■ **ACTION ITEM**: Check every line of the data for the word "ground", and copy those that have it.

>>>

-- ===== src/Vault/Sealing.antt =====
-- What sealing and opening of src/core/vault.ts give, over vaults whose rows were sealed and have ids of their own.
use agent_working_memory.Base.{
  ℕ, ◌≤◌, ◌≡◌, refl, sym, subst, Bool, true, false, not, none, some, List, [], ◌∷◌, ◌++◌, Text, All,
  any, all, take, length, find?, All-find?, update_where, delete_where, text_eq, text_eq_refl,
  if◌then◌else◌, Bool-cases, inl, inr, Option-cases, arith, ◌⊎◌, All-update_where, All-delete_where,
  All-append, trim-full, to_lower-full, all_mono, is_space, leb, ◌&&◌,
}
use agent_working_memory.Vault.{
  Crypto, Row, Vault, seal, open_row, known_secrets, allow_prefix, disallow_prefix, record_use,
  forget, set_allow, has_id, has_fingerprint, row_of, normalise_id, new_row, handle_of, drop_hash,
}
use agent_working_memory.Vault.Runs.{Op, kept, kept_first, step, run}
use agent_working_memory.Vault.Handles.{is_hex}

-- What the vault relies on: what is encrypted opens again, and a fingerprint is at least twelve
-- hexadecimal digits.
pub record IsSound (crypto : Crypto) : Type 0 where
  pub opens : (iv value : Text) → crypto.decrypt iv (crypto.encrypt iv value) ≡ some value
  pub hexadecimal : (value : Text) → all is_hex (crypto.fingerprint value) ≡ true
  pub long : (value : Text) → 12 ≤ length (crypto.fingerprint value)

hex_is_tight : (c : ℕ) → is_hex c ≡ true → not (is_space c) ≡ true
hex_is_tight c h = ground arith

hex_is_lower : (c : ℕ) → is_hex c ≡ true → not (leb b'A' c && leb c b'Z') ≡ true
hex_is_lower c h = ground arith

drop_hash-hex : (id : Text) → all is_hex id ≡ true → drop_hash id ≡ id
drop_hash-hex [] h = refl
drop_hash-hex (c ∷ id) h = ground arith

pub normalise_id-hex : (id : Text) → all is_hex id ≡ true → normalise_id id ≡ id
unfolding normalise_id
normalise_id-hex id h =
    rw
      (drop_hash-hex id h, trim-full id (all_mono is_hex (λ c. not (is_space c)) hex_is_tight id h))
      (to_lower-full id (all_mono is_hex (λ c. not (leb b'A' c && leb c b'Z')) hex_is_lower id h))

-- `id` is the primary key.
abbrev pub HasOwnIds : List Row → Type 0
HasOwnIds [] = Unit
HasOwnIds (r ∷ rs) = All (λ s. text_eq r.id s.id ≡ false) rs × HasOwnIds rs

pub find?-own_id :
    (q : Row → Bool) (rs : List Row) {r : Row}
    → HasOwnIds rs
    → find? q rs ≡ some r
    → find? (has_id r.id) rs ≡ some r
find?-own_id q [] o e = cc
find?-own_id q (x ∷ xs) {r} o e = elim (Bool-cases (q x)) [
  | inl t ↦ let s : x ≡ r = ground arith in rw (← s, text_eq_refl x.id) refl
  | inr f ↦
      let g : find? q xs ≡ some r = ground arith in
      rw (All-find? (λ y. text_eq x.id y.id ≡ false) q xs o.0 g) (find?-own_id q xs o.1 g)
]

module _ (crypto : Crypto) where
  -- A row opens to a value with its fingerprint, of which its id is the first twelve digits.
  abbrev pub IsSealed : Row → Type 0
  IsSealed r =
      (value : Text) × (open_row crypto r ≡ some value)
      × (crypto.fingerprint value ≡ r.fingerprint)
      × (r.id ≡ take 12 r.fingerprint)

  pub record IsValid (v : Vault) : Type 0 where
    pub sealed : All IsSealed v.items
    pub own_ids : HasOwnIds v.items

  HasOwnIds-append :
      (rs : List Row) (r : Row)
      → HasOwnIds rs
      → any (has_id r.id) rs ≡ false
      → HasOwnIds (rs ++ r ∷ [])
  HasOwnIds-append [] r o n = (tt, tt)
  HasOwnIds-append (x ∷ xs) r o n = (
    All-append (λ s. text_eq x.id s.id ≡ false) xs (r ∷ []) o.0 (ground arith, tt),
    HasOwnIds-append xs r o.1 (ground arith),
  )

  new_row-IsSealed :
      IsSound crypto
      → (value type label iv : Text) (now : ℕ) → IsSealed (new_row crypto value type label iv now)
  new_row-IsSealed c value type label iv now = (value, c.opens iv value, refl, refl)

  -- What `seal` has done where it does not fail: the value was there, or its row is new.
  pub seal-cases :
      (value type label iv : Text) (now : ℕ) (v : Vault) {w : Vault} {h : Text}
      → seal crypto value type label iv now v ≡ some (w, h)
      → ((r : Row) × (find? (has_fingerprint (crypto.fingerprint value)) v.items ≡ some r)
          × (w ≡ v)
          × (h ≡ handle_of r))
        ⊎ (find? (has_fingerprint (crypto.fingerprint value)) v.items ≡ none)
          × (any (has_id (take 12 (crypto.fingerprint value))) v.items ≡ false)
          × (w ≡ record {
            items = v.items ++ new_row crypto value type label iv now ∷ [];
            known = none;
          })
          × (h ≡ handle_of (new_row crypto value type label iv now))
  unfolding seal
  seal-cases value type label iv now v {w} {h} e =
      elim (Option-cases (find? (has_fingerprint (crypto.fingerprint value)) v.items)) [
        | inr (r, f) ↦ inl (r, f, ground arith, ground arith)
        | inl f ↦ elim (Bool-cases (any (has_id (take 12 (crypto.fingerprint value))) v.items)) [
          | inl a ↦ absurd (ground arith)
          | inr a ↦ inr (f, a, ground arith, ground arith)
        ]
      ]

  pub append-IsValid :
      IsSound crypto
      → (value type label iv : Text) (now : ℕ) (v : Vault) → IsValid v
      → any (has_id (take 12 (crypto.fingerprint value))) v.items ≡ false
      → IsValid
          (record { items = v.items ++ new_row crypto value type label iv now ∷ []; known = none })
  append-IsValid c value type label iv now v a n =
      let r : Row = new_row crypto value type label iv now in
      record {
        sealed =
            All-append IsSealed v.items (r ∷ []) a.sealed
              (new_row-IsSealed c value type label iv now, tt);
        own_ids = HasOwnIds-append v.items r a.own_ids n;
      }

  seal-IsValid :
      IsSound crypto
      → (value type label iv : Text) (now : ℕ) (v : Vault) → IsValid v
      → IsValid (kept_first v (seal crypto value type label iv now v))
  seal-IsValid c value type label iv now v a =
      elim (Option-cases (seal crypto value type label iv now v)) [
        | inl e ↦ rw (kept_first, e) a
        | inr ((w, h), e) ↦
            rw (kept_first, e)
              (elim (seal-cases value type label iv now v e) [
                | inl (r, f, p, q) ↦ rw p a
                | inr (f, n, p, q) ↦ rw p (append-IsValid c value type label iv now v a n)
              ])
      ]

  HasOwnIds-update :
      (p : Row → Bool) (f : Row → Row)
      → ((r : Row) → (f r).id ≡ r.id)
      → (rs : List Row) → HasOwnIds rs
      → HasOwnIds (update_where p f rs)
  HasOwnIds-update p f h [] o = tt
  HasOwnIds-update p f h (x ∷ xs) o =
      let e : (if p x then f x else x).id ≡ x.id = ground (arith, h x) in
      (
        subst (λ t. All (λ s. text_eq t s.id ≡ false) (update_where p f xs)) (sym e)
            (All-update_where (λ s. text_eq x.id s.id ≡ false) p f (λ y k e. rw (h y) k) xs o.0),
        HasOwnIds-update p f h xs o.1,
      )

  HasOwnIds-delete : (p : Row → Bool) (rs : List Row) → HasOwnIds rs → HasOwnIds (delete_where p rs)
  HasOwnIds-delete p [] o = tt
  HasOwnIds-delete p (x ∷ xs) o = elim (Bool-cases (p x)) [
    | inl e ↦ rw e (HasOwnIds-delete p xs o.1)
    | inr e ↦ rw e (All-delete_where _ p xs o.0, HasOwnIds-delete p xs o.1)
  ]

  -- Updates of what sealing does not read, and deletions.
  update-IsValid :
      (p : Row → Bool) (f : Row → Row)
      → ((r : Row) → IsSealed r → IsSealed (f r))
      → ((r : Row) → (f r).id ≡ r.id)
      → (v : Vault) → IsValid v
      → IsValid (record v { items = update_where p f v.items })
  update-IsValid p f k h v a = record {
    sealed = All-update_where IsSealed p f (λ r s e. k r s) v.items a.sealed;
    own_ids = HasOwnIds-update p f h v.items a.own_ids;
  }

  set_allow-IsValid :
      (id : Text) (ps : List Text) (v : Vault) → IsValid v → IsValid (set_allow id ps v)
  set_allow-IsValid id ps v a =
      update-IsValid (has_id id) (λ r. record r { allow = ps }) (λ r s. s) (λ r. refl) v a

  allow_prefix-IsValid :
      (id p : Text) (v : Vault) → IsValid v → IsValid (kept v (allow_prefix id p v))
  unfolding allow_prefix
  allow_prefix-IsValid id p v a = elim (Option-cases (row_of id v)) [
    | inl e ↦ rw (allow_prefix, e) a
    | inr (r, e) ↦ rw (allow_prefix, e) (set_allow-IsValid r.id _ v a)
  ]

  disallow_prefix-IsValid :
      (id p : Text) (v : Vault) → IsValid v → IsValid (kept v (disallow_prefix id p v))
  unfolding disallow_prefix
  disallow_prefix-IsValid id p v a = elim (Option-cases (row_of id v)) [
    | inl e ↦ rw (disallow_prefix, e) a
    | inr (r, e) ↦ rw (disallow_prefix, e) (set_allow-IsValid r.id _ v a)
  ]

  known_secrets-items : (v : Vault) → (known_secrets crypto v).0.items ≡ v.items
  unfolding known_secrets
  known_secrets-items v = ground arith

  step-IsValid : IsSound crypto → (o : Op) (v : Vault) → IsValid v → IsValid (step crypto o v)
  unfolding step record_use forget
  step-IsValid c (Op.seal_value value type label iv now) v a =
      seal-IsValid c value type label iv now v a
  step-IsValid c Op.ask_known v a = record {
    sealed = rw (known_secrets-items v) a.sealed;
    own_ids = rw (known_secrets-items v) a.own_ids;
  }
  step-IsValid c (Op.allow_use id p) v a = allow_prefix-IsValid id p v a
  step-IsValid c (Op.disallow_use id p) v a = disallow_prefix-IsValid id p v a
  step-IsValid c (Op.use_once now id) v a = update-IsValid _ _ (λ r s. s) (λ r. refl) v a
  step-IsValid c (Op.drop_item id) v a = record {
    sealed = All-delete_where IsSealed _ v.items a.sealed;
    own_ids = HasOwnIds-delete _ v.items a.own_ids;
  }

  -- Every run of the vault's operations keeps its rows sealed and their ids apart, where the cipher opens what
  -- it encrypted.
  pub run-IsValid :
      IsSound crypto → (os : List Op) (v : Vault) → IsValid v → IsValid (run crypto os v)
  unfolding run
  run-IsValid c [] v a = a
  run-IsValid c (o ∷ os) v a = run-IsValid c os (step crypto o v) (step-IsValid c o v a)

<<<

■ **OUTPUT BELOW**:
hex_is_tight c h = ground arith
hex_is_lower c h = ground arith
drop_hash-hex (c ∷ id) h = ground arith
  | inl t ↦ let s : x ≡ r = ground arith in rw (← s, text_eq_refl x.id) refl
      let g : find? q xs ≡ some r = ground arith in
    All-append (λ s. text_eq x.id s.id ≡ false) xs (r ∷ []) o.0 (ground arith, tt),
    HasOwnIds-append xs r o.1 (ground arith),
        | inr (r, f) ↦ inl (r, f, ground arith, ground arith)
          | inl a ↦ absurd (ground arith)
          | inr a ↦ inr (f, a, ground arith, ground arith)
      let e : (if p x then f x else x).id ≡ x.id = ground (arith, h x) in
  known_secrets-items v = ground arith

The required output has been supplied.